» **Data records**:
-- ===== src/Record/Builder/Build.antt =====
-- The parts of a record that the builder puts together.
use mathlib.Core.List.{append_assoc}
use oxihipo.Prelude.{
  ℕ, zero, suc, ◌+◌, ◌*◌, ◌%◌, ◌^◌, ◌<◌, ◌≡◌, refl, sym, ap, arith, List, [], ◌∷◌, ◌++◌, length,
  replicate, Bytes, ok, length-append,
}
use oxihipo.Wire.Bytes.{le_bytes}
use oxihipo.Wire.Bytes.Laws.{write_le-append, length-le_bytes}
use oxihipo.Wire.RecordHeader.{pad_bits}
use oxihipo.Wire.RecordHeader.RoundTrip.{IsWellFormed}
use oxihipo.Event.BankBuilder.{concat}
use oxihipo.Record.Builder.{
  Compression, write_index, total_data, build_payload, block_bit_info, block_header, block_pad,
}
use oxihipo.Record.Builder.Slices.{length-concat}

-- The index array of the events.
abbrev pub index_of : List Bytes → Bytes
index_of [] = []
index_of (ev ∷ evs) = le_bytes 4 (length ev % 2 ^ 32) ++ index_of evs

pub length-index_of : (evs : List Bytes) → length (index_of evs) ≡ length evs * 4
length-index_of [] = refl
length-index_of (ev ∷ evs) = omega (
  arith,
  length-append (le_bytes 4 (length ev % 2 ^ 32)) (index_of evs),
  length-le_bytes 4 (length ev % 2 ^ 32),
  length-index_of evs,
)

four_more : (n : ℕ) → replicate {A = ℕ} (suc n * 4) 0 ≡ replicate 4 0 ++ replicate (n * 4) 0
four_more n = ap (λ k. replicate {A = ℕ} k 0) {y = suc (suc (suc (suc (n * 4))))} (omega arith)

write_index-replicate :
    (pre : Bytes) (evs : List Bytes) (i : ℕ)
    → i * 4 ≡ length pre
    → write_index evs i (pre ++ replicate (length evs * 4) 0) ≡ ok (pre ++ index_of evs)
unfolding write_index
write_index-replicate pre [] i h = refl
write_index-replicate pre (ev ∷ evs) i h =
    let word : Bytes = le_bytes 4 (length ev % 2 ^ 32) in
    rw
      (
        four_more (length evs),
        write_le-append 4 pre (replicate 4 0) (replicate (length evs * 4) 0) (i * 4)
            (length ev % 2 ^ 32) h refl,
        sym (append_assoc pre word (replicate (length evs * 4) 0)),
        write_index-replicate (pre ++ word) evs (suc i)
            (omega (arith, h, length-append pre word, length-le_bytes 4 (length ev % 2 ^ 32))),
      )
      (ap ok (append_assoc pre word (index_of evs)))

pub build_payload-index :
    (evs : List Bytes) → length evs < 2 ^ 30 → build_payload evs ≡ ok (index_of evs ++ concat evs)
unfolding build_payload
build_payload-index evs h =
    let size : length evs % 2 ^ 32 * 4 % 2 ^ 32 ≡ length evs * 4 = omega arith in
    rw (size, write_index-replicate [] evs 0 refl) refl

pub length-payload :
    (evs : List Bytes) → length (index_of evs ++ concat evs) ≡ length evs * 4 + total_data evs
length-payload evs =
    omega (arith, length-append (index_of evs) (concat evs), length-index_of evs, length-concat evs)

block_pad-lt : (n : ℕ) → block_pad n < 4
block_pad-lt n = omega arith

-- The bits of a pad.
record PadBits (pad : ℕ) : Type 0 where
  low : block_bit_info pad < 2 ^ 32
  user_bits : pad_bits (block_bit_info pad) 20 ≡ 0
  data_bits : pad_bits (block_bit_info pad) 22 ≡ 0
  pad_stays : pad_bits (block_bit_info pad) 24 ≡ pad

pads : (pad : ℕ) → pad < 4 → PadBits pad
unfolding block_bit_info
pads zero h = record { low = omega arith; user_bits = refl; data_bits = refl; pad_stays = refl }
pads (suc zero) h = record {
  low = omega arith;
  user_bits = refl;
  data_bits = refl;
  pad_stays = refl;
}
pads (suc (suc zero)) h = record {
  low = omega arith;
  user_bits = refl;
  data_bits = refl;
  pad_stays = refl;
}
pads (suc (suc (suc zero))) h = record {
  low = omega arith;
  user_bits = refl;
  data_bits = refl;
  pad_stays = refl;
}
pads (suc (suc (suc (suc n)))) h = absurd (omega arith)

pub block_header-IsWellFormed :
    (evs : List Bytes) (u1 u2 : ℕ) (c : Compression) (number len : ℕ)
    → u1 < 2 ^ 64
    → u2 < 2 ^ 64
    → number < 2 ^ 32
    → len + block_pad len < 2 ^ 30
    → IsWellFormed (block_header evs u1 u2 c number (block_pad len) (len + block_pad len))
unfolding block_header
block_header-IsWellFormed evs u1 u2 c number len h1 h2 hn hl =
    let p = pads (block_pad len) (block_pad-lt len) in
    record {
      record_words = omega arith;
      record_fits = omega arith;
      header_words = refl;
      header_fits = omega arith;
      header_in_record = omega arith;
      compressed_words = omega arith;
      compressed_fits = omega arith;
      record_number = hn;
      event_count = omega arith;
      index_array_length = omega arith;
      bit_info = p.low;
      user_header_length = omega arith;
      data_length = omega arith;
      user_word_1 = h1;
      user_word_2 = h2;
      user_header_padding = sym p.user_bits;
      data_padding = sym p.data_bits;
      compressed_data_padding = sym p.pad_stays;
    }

» **Problem to work on**: For the listing above, print only the lines starting at the line containing "write_le-append 4 pre" and ending at the line containing "let size : length", exactly, both included.

» **Finished exercise**:
        write_le-append 4 pre (replicate 4 0) (replicate (length evs * 4) 0) (i * 4)
            (length ev % 2 ^ 32) h refl,
        sym (append_assoc pre word (replicate (length evs * 4) 0)),
        write_index-replicate (pre ++ word) evs (suc i)
            (omega (arith, h, length-append pre word, length-le_bytes 4 (length ev % 2 ^ 32))),
      )
      (ap ok (append_assoc pre word (index_of evs)))

pub build_payload-index :
    (evs : List Bytes) → length evs < 2 ^ 30 → build_payload evs ≡ ok (index_of evs ++ concat evs)
unfolding build_payload
build_payload-index evs h =
    let size : length evs % 2 ^ 32 * 4 % 2 ^ 32 ≡ length evs * 4 = omega arith in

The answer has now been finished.